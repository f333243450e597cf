-- ===== src/Pfcp/Builder/RoundTrip.antt =====
-- `finish` of pfcp-common/src/builder.rs, read by the header codec.
use upf_edge.Prelude.{
  ℕ, ◌+◌, ◌-◌, ◌%◌, ◌^◌, ◌<◌, ◌≡◌, Bool, true, false, Option, none, some, ◌++◌, arith, ok, length,
}
use upf_edge.Bytes.{Bytes}
use upf_edge.Pfcp.Header.{PfcpHeader, encode, decode, header_len}
use upf_edge.Pfcp.Header.RoundTrip.{IsEncodable, decode-encode}
use upf_edge.Pfcp.Builder.{finish, new}

finish_fields :
    (v : ℕ) (s m f : Bool) (t l : ℕ) (seid : Option ℕ) (q p : ℕ) (body : Bytes)
    → let h : PfcpHeader = record {
      version = v;
      s_flag = s;
      mp_flag = m;
      fo_flag = f;
      msg_type = t;
      length = l;
      seid = seid;
      seq_num = q;
      priority = p;
    } in
      finish (encode h ++ body)
      ≡ encode (record h { length = (header_len h - 4 + length body) % 2 ^ 16 }) ++ body
unfolding finish encode
finish_fields v true m f t l (some x) q p body = ground arith
finish_fields v true m f t l none q p body = ground arith
finish_fields v false m f t l seid q p body = ground arith

pub finish-encode :
    (h : PfcpHeader) (body : Bytes)
    → finish (encode h ++ body)
      ≡ encode (record h { length = (header_len h - 4 + length body) % 2 ^ 16 }) ++ body
finish-encode h body =
    finish_fields h.version h.s_flag h.mp_flag h.fo_flag h.msg_type h.length h.seid h.seq_num
      h.priority body

-- The datagram that `finish` returns decodes to the header that the builder started from, its length
-- field set to the number of bytes behind the first four, and to the IEs that were added, if the
-- header is encodable and that number is below 2 ^ 16.
pub decode-finish :
    (h : PfcpHeader) (body : Bytes)
    → IsEncodable h
    → header_len h - 4 + length body < 2 ^ 16
    → decode (finish (new h ++ body))
      ≡ ok (record h { length = header_len h - 4 + length body }, body)
unfolding new
decode-finish h body w hl =
    let len : ℕ = header_len h - 4 + length body in
    let fits : len % 2 ^ 16 ≡ len = omega arith in
    rw (finish-encode h body, fits)
      (decode-encode (record h { length = len }) body
        (record {
          version = w.version;
          msg_type = w.msg_type;
          length = hl;
          seid = w.seid;
          seq_num = w.seq_num;
          priority = w.priority;
        }))
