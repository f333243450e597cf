-- ===== src/Pfcp/Build/Establishment.antt =====
-- The Session Establishment Request from end to end: pfcp-common/src/builder.rs writes it, header.rs
-- and messages.rs read it.
use upf_edge.Prelude.{ℕ, ◌^◌, ◌<◌, some, List, [], ◌∷◌, ◌++◌}
use upf_edge.Bytes.{Bytes, u32_be, u64_be}
use upf_edge.Pfcp.Build.{uplink_pdr, downlink_pdr, uplink_far, downlink_far}
use upf_edge.Pfcp.Builder.{create_pdr_value, far_value}
use upf_edge.Pfcp.Builder.Far.{parsed_far}
use upf_edge.Pfcp.Builder.Pdr.{parsed_pdr}
use upf_edge.Pfcp.Builder.Rows.{ie}
use upf_edge.Pfcp.Messages.{SessionEstablishmentReq}
use upf_edge.Pfcp.Tlv.{Ie}
use upf_edge.Pfcp.Types.{
  pfcp_ie_node_id, pfcp_ie_fseid, pfcp_ie_create_pdr, pfcp_ie_create_far,
  pfcp_ie_forwarding_parameters,
}

module _ (seq smf_addr cp_seid ue_ip gnb_addr gnb_teid : ℕ) where
  abbrev body_ies : List Ie
  body_ies =
      ie pfcp_ie_node_id (0x00 ∷ u32_be smf_addr)
      ∷ ie pfcp_ie_fseid (0x02 ∷ (u64_be cp_seid ++ u32_be smf_addr))
      ∷ ie pfcp_ie_create_pdr (create_pdr_value (uplink_pdr ue_ip))
      ∷ ie pfcp_ie_create_pdr (create_pdr_value (downlink_pdr ue_ip))
      ∷ ie pfcp_ie_create_far (far_value pfcp_ie_forwarding_parameters uplink_far)
      ∷ ie pfcp_ie_create_far
          (far_value pfcp_ie_forwarding_parameters (downlink_far gnb_addr gnb_teid))
      ∷ []

  -- What the peer is to read.
  abbrev pub request : SessionEstablishmentReq
  request = record {
    node_id = some smf_addr;
    cp_seid = cp_seid;
    smf_addr = smf_addr;
    create_pdrs = parsed_pdr (uplink_pdr ue_ip) ∷ parsed_pdr (downlink_pdr ue_ip) ∷ [];
    create_fars = parsed_far uplink_far ∷ parsed_far (downlink_far gnb_addr gnb_teid) ∷ [];
    create_urrs = [];
  }

  -- The numbers fit their fields.
  pub record InRange : Type 0 where
    pub seq_fits : seq < 2 ^ 24
    pub smf_addr_fits : smf_addr < 2 ^ 32
    pub cp_seid_fits : cp_seid < 2 ^ 64
    pub ue_ip_fits : ue_ip < 2 ^ 32
    pub gnb_addr_fits : gnb_addr < 2 ^ 32
    pub gnb_teid_fits : gnb_teid < 2 ^ 32
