-- ===== src/Pfcp/Build/Replies.antt =====
-- pfcp-common/src/builder.rs and header.rs: what a peer reads in the header of any built response.
use upf_edge.Prelude.{ℕ, ◌+◌, ◌%◌, ◌^◌, ◌<◌, ◌≡◌, ◌++◌, arith, ok, length}
use upf_edge.Bytes.{Bytes}
use upf_edge.Pfcp.Header.{encode, decode, new_session_msg, new_node_msg}
use upf_edge.Pfcp.Builder.{finish, new}
use upf_edge.Pfcp.Builder.RoundTrip.{finish-encode}

session_header :
    (t l seid seq : ℕ) (body : Bytes)
    → l < 2 ^ 16
    → seq < 2 ^ 24
    → decode (encode (record (new_session_msg t seid seq) { length = l }) ++ body)
      ≡ ok (record (new_session_msg t (seid % 2 ^ 64) seq) { length = l }, body)
unfolding decode encode
session_header t l seid seq body hl hs = ground arith

node_header :
    (t l seq : ℕ) (body : Bytes)
    → l < 2 ^ 16
    → seq < 2 ^ 24
    → decode (encode (record (new_node_msg t seq) { length = l }) ++ body)
      ≡ ok (record (new_node_msg t seq) { length = l }, body)
unfolding decode encode
node_header t l seq body hl hs = ground arith

-- The length field as `finish` leaves it.
abbrev pub session_length : Bytes → ℕ
session_length body = (12 + length body) % 2 ^ 16

abbrev pub node_length : Bytes → ℕ
node_length body = (4 + length body) % 2 ^ 16

-- Whatever the SEID and the length of the body are, a session message is read with its type, its
-- sequence number and its whole body.
pub decode-session_msg :
    (t seid seq : ℕ) (body : Bytes)
    → seq < 2 ^ 24
    → decode (finish (new (new_session_msg t seid seq) ++ body))
      ≡ ok (record (new_session_msg t (seid % 2 ^ 64) seq) { length = session_length body }, body)
unfolding new
decode-session_msg t seid seq body hs =
    rw (finish-encode (new_session_msg t seid seq) body)
      (session_header t (session_length body) seid seq body (omega arith) hs)

pub decode-node_msg :
    (t seq : ℕ) (body : Bytes)
    → seq < 2 ^ 24
    → decode (finish (new (new_node_msg t seq) ++ body))
      ≡ ok (record (new_node_msg t seq) { length = node_length body }, body)
unfolding new
decode-node_msg t seq body hs =
    rw (finish-encode (new_node_msg t seq) body)
      (node_header t (node_length body) seq body (omega arith) hs)
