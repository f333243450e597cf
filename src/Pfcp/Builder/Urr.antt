-- ===== src/Pfcp/Builder/Urr.antt =====
-- Create URR and Update URR of pfcp-common/src/builder.rs, read by `parse_create_urr` of ie.rs.
use upf_edge.Prelude.{ℕ, ◌^◌, ◌<◌, ◌≡◌, ◌∙◌, Option, none, some, List, [], ◌∷◌, ◌++◌, arith, ok}
use upf_edge.Bytes.{u32_be, u64_be}
use upf_edge.Pfcp.Ie.{ParsedUrr, parse_volume_threshold}
use upf_edge.Pfcp.Ie.Grouped.{for_each, urr_arm, parse_create_urr}
use upf_edge.Pfcp.Tlv.{Ie}
use upf_edge.Pfcp.Types.{
  pfcp_ie_urr_id, pfcp_ie_measurement_method, pfcp_ie_reporting_triggers, pfcp_ie_volume_threshold,
  pfcp_ie_measurement_period, volume_threshold_tovol,
}
use upf_edge.Pfcp.Builder.{UrrParams, urr_value}
use upf_edge.Pfcp.Builder.Rows.{Below, for_each-tlvs, some_ie, ie}

abbrev urr_ies : UrrParams → List Ie
urr_ies u =
    ie pfcp_ie_urr_id (u32_be u.urr_id)
    ∷ ie pfcp_ie_measurement_method (u.measurement_method ∷ [])
    ∷ ie pfcp_ie_reporting_triggers (u.reporting_triggers ∷ 0x00 ∷ [])
    ∷ (some_ie pfcp_ie_volume_threshold (λ total. volume_threshold_tovol ∷ u64_be total)
          u.volume_threshold_total
        ++ some_ie pfcp_ie_measurement_period u32_be u.measurement_period)

-- What the parser makes of it.
abbrev pub parsed_urr : UrrParams → ParsedUrr
parsed_urr u = record {
  urr_id = u.urr_id;
  measurement_method = u.measurement_method;
  reporting_triggers = u.reporting_triggers;
  volume_threshold_total = u.volume_threshold_total;
  measurement_period = u.measurement_period;
}

-- The numbers fit their fields.
pub record IsUrr (u : UrrParams) : Type 0 where
  pub urr_id : u.urr_id < 2 ^ 32
  pub total : Below (2 ^ 64) u.volume_threshold_total
  pub period : Below (2 ^ 32) u.measurement_period

abbrev urr_of : ℕ → ℕ → ℕ → Option ℕ → Option ℕ → UrrParams
urr_of id method triggers total period = record {
  urr_id = id;
  measurement_method = method;
  reporting_triggers = triggers;
  volume_threshold_total = total;
  measurement_period = period;
}

urr_fields :
    (id method triggers : ℕ) (total period : Option ℕ)
    → IsUrr (urr_of id method triggers total period)
    → parse_create_urr (urr_value (urr_of id method triggers total period))
      ≡ ok (parsed_urr (urr_of id method triggers total period))
unfolding parse_create_urr urr_value for_each urr_arm parse_volume_threshold
urr_fields id method triggers none none h =
    for_each-tlvs urr_arm (urr_ies (urr_of id method triggers none none)) _ (omega arith)
    ∙ ground arith
urr_fields id method triggers (some t) (some p) h =
    for_each-tlvs urr_arm (urr_ies (urr_of id method triggers (some t) (some p))) _ (omega arith)
    ∙ ground arith
urr_fields id method triggers total period h =
    for_each-tlvs urr_arm (urr_ies (urr_of id method triggers total period)) _ (omega arith)
    ∙ ground arith

-- `parse_create_urr` reads back every field of the URR that `add_create_urr` and `add_update_urr`
-- write, with or without a threshold and a period, if the numbers fit their fields.
pub parse_create_urr-urr_value :
    (u : UrrParams) → IsUrr u → parse_create_urr (urr_value u) ≡ ok (parsed_urr u)
parse_create_urr-urr_value u h =
    urr_fields u.urr_id u.measurement_method u.reporting_triggers u.volume_threshold_total
      u.measurement_period h
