-- ===== src/Pfcp/Dict.antt =====
-- pfcp-common/src/dict.rs and dict_ext.rs: which IEs a message has, and the check of the mandatory ones.
pub mod Valid
use Prim.Native.String.{String}
use upf_edge.Prelude.{
  ℕ, Bool, true, false, ◌||◌, Option, none, some, List, [], ◌∷◌, if◌then◌else◌, ◌==◌,
}
use upf_edge.Bytes.{Bytes}
use upf_edge.Pfcp.Tlv.{Ie, items, iter_ies}
use upf_edge.Pfcp.Types.{
  pfcp_association_setup_req, pfcp_association_setup_rsp, pfcp_heartbeat_req, pfcp_heartbeat_rsp,
  pfcp_ie_cause, pfcp_ie_cp_function_features, pfcp_ie_create_bar, pfcp_ie_create_far,
  pfcp_ie_create_pdr, pfcp_ie_create_qer, pfcp_ie_create_urr, pfcp_ie_created_pdr, pfcp_ie_fseid,
  pfcp_ie_node_id, pfcp_ie_recovery_time_stamp, pfcp_ie_remove_far, pfcp_ie_remove_pdr,
  pfcp_ie_report_type, pfcp_ie_up_function_features, pfcp_ie_update_far, pfcp_ie_update_pdr,
  pfcp_ie_usage_report_in_sess_mel_rsp, pfcp_ie_usage_report_in_sess_rpt_req,
  pfcp_session_deletion_req, pfcp_session_deletion_rsp, pfcp_session_establishment_req,
  pfcp_session_establishment_rsp, pfcp_session_modification_req, pfcp_session_modification_rsp,
  pfcp_session_report_req, pfcp_session_report_rsp,
}

pub data Presence : Type 0 where
  is_mandatory is_conditional is_optional : Presence

pub record IeSpec : Type 0 where
  pub ie_type : ℕ
  pub presence : Presence
  pub name : String

pub record MessageSpec : Type 0 where
  pub msg_type : ℕ
  pub name : String
  pub ies : List IeSpec

abbrev mandatory : ℕ → String → IeSpec
mandatory t name = record { ie_type = t; presence = is_mandatory; name = name }

abbrev conditional : ℕ → String → IeSpec
conditional t name = record { ie_type = t; presence = is_conditional; name = name }

abbrev optional : ℕ → String → IeSpec
optional t name = record { ie_type = t; presence = is_optional; name = name }

abbrev pub heartbeat_req : MessageSpec
heartbeat_req = record {
  msg_type = pfcp_heartbeat_req;
  name = "Heartbeat Request";
  ies = optional pfcp_ie_recovery_time_stamp "Recovery Time Stamp" ∷ [];
}

abbrev pub heartbeat_rsp : MessageSpec
heartbeat_rsp = record {
  msg_type = pfcp_heartbeat_rsp;
  name = "Heartbeat Response";
  ies = optional pfcp_ie_recovery_time_stamp "Recovery Time Stamp" ∷ [];
}

abbrev pub association_setup_req : MessageSpec
association_setup_req = record {
  msg_type = pfcp_association_setup_req;
  name = "Association Setup Request";
  ies =
      mandatory pfcp_ie_node_id "Node ID"
      ∷ mandatory pfcp_ie_recovery_time_stamp "Recovery Time Stamp"
      ∷ conditional pfcp_ie_cp_function_features "CP Function Feature"
      ∷ conditional pfcp_ie_up_function_features "UP Function Feature"
      ∷ [];
}

abbrev pub association_setup_rsp : MessageSpec
association_setup_rsp = record {
  msg_type = pfcp_association_setup_rsp;
  name = "Association Setup Response";
  ies =
      mandatory pfcp_ie_node_id "Node ID"
      ∷ mandatory pfcp_ie_cause "Cause"
      ∷ mandatory pfcp_ie_recovery_time_stamp "Recovery Time Stamp"
      ∷ conditional pfcp_ie_up_function_features "UP Function Feature"
      ∷ [];
}

abbrev pub session_establishment_req : MessageSpec
session_establishment_req = record {
  msg_type = pfcp_session_establishment_req;
  name = "Session Establishment Request";
  ies =
      mandatory pfcp_ie_node_id "Node ID"
      ∷ mandatory pfcp_ie_fseid "FSEID"
      ∷ mandatory pfcp_ie_create_pdr "Create PDR"
      ∷ mandatory pfcp_ie_create_far "Create FAR"
      ∷ conditional pfcp_ie_create_urr "Create URR"
      ∷ conditional pfcp_ie_create_qer "Create QER"
      ∷ optional pfcp_ie_create_bar "Create BAR"
      ∷ [];
}

abbrev pub session_establishment_rsp : MessageSpec
session_establishment_rsp = record {
  msg_type = pfcp_session_establishment_rsp;
  name = "Session Establishment Response";
  ies =
      mandatory pfcp_ie_node_id "Node ID"
      ∷ mandatory pfcp_ie_cause "Cause"
      ∷ conditional pfcp_ie_fseid "FSEID"
      ∷ conditional pfcp_ie_create_pdr "Create PDR"
      ∷ [];
}

abbrev pub session_modification_req : MessageSpec
session_modification_req = record {
  msg_type = pfcp_session_modification_req;
  name = "Session Modification Request";
  ies =
      conditional pfcp_ie_fseid "F-SEID"
      ∷ conditional pfcp_ie_update_pdr "Update PDR"
      ∷ conditional pfcp_ie_update_far "Update FAR"
      ∷ optional pfcp_ie_remove_pdr "Remove PDR"
      ∷ optional pfcp_ie_remove_far "Remove FAR"
      ∷ [];
}

abbrev pub session_modification_rsp : MessageSpec
session_modification_rsp = record {
  msg_type = pfcp_session_modification_rsp;
  name = "Session Modification Response";
  ies = mandatory pfcp_ie_cause "Cause" ∷ optional pfcp_ie_created_pdr "Created PDR" ∷ [];
}

abbrev pub session_deletion_req : MessageSpec
session_deletion_req = record {
  msg_type = pfcp_session_deletion_req;
  name = "Session Deletion Request";
  ies = [];
}

abbrev pub session_deletion_rsp : MessageSpec
session_deletion_rsp = record {
  msg_type = pfcp_session_deletion_rsp;
  name = "Session Deletion Response";
  ies =
      mandatory pfcp_ie_cause "Cause"
      ∷ optional pfcp_ie_usage_report_in_sess_mel_rsp "Usage Report"
      ∷ [];
}

abbrev pub session_report_req : MessageSpec
session_report_req = record {
  msg_type = pfcp_session_report_req;
  name = "Session Report Request";
  ies =
      mandatory pfcp_ie_report_type "Report Type"
      ∷ conditional pfcp_ie_usage_report_in_sess_rpt_req "Usage Report in Session Report Request"
      ∷ [];
}

abbrev pub session_report_rsp : MessageSpec
session_report_rsp = record {
  msg_type = pfcp_session_report_rsp;
  name = "Session Report Response";
  ies = [];
}

-- The entries of `PFCP_DICT`, each under its key.
abbrev pub pfcp_dict : List (ℕ × MessageSpec)
pfcp_dict =
    (1, heartbeat_req)
    ∷ (2, heartbeat_rsp)
    ∷ (5, association_setup_req)
    ∷ (6, association_setup_rsp)
    ∷ (50, session_establishment_req)
    ∷ (51, session_establishment_rsp)
    ∷ (52, session_modification_req)
    ∷ (53, session_modification_rsp)
    ∷ (54, session_deletion_req)
    ∷ (55, session_deletion_rsp)
    ∷ (56, session_report_req)
    ∷ (57, session_report_rsp)
    ∷ []

abbrev get : ℕ → List (ℕ × MessageSpec) → Option MessageSpec
get t [] = none
get t ((key, spec) ∷ entries) = if t == key then some spec else get t entries

unfoldable pub lookup : ℕ → Option MessageSpec
lookup msg_type = get msg_type pfcp_dict

abbrev pub is_required : Presence → Bool
is_required is_mandatory = true
is_required is_conditional = false
is_required is_optional = false

-- `madatory_ies`
abbrev pub mandatory_of : List IeSpec → List IeSpec
mandatory_of [] = []
mandatory_of (s ∷ specs) =
    if is_required s.presence then s ∷ mandatory_of specs else mandatory_of specs

abbrev pub find_spec : ℕ → List IeSpec → Option IeSpec
find_spec t [] = none
find_spec t (s ∷ specs) = if s.ie_type == t then some s else find_spec t specs

-- The set of received types, asked for one.
abbrev pub contains : ℕ → List Ie → Bool
contains t [] = false
contains t (ie ∷ ies) = if ie.ie_type == t then true else contains t ies

-- The names of the specified IEs that were not received.
abbrev pub names_without : List Ie → List IeSpec → List String
names_without recv_ies [] = []
names_without recv_ies (s ∷ specs) =
    if contains s.ie_type recv_ies
    then names_without recv_ies specs
    else s.name ∷ names_without recv_ies specs

abbrev pub missing_from : List Ie → Option MessageSpec → List String
missing_from recv_ies none = []
missing_from recv_ies (some dictionary) = names_without recv_ies (mandatory_of dictionary.ies)

-- `validate(..).missing`
unfoldable pub validate : ℕ → Bytes → List String
unfolding lookup
validate msg_type body = missing_from (items (iter_ies body)) (lookup msg_type)

-- `ValidationResult::is_ok`
abbrev pub is_ok : List String → Bool
is_ok [] = true
is_ok (name ∷ missing) = false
□ □ □ □
:: Task directions ::
Whenever a line above includes "Bool", copy it in full.

:: Result for this task ::
  ℕ, ◌+◌, ◌-◌, ◌%◌, ◌^◌, ◌<◌, ◌≡◌, Bool, true, false, Option, none, some, ◌++◌, arith, ok, length,
    (v : ℕ) (s m f : Bool) (t l : ℕ) (seid : Option ℕ) (q p : ℕ) (body : Bytes)
  ℕ, Bool, true, false, ◌||◌, Option, none, some, List, [], ◌∷◌, if◌then◌else◌, ◌==◌,
abbrev pub is_required : Presence → Bool
abbrev pub contains : ℕ → List Ie → Bool
abbrev pub is_ok : List String → Bool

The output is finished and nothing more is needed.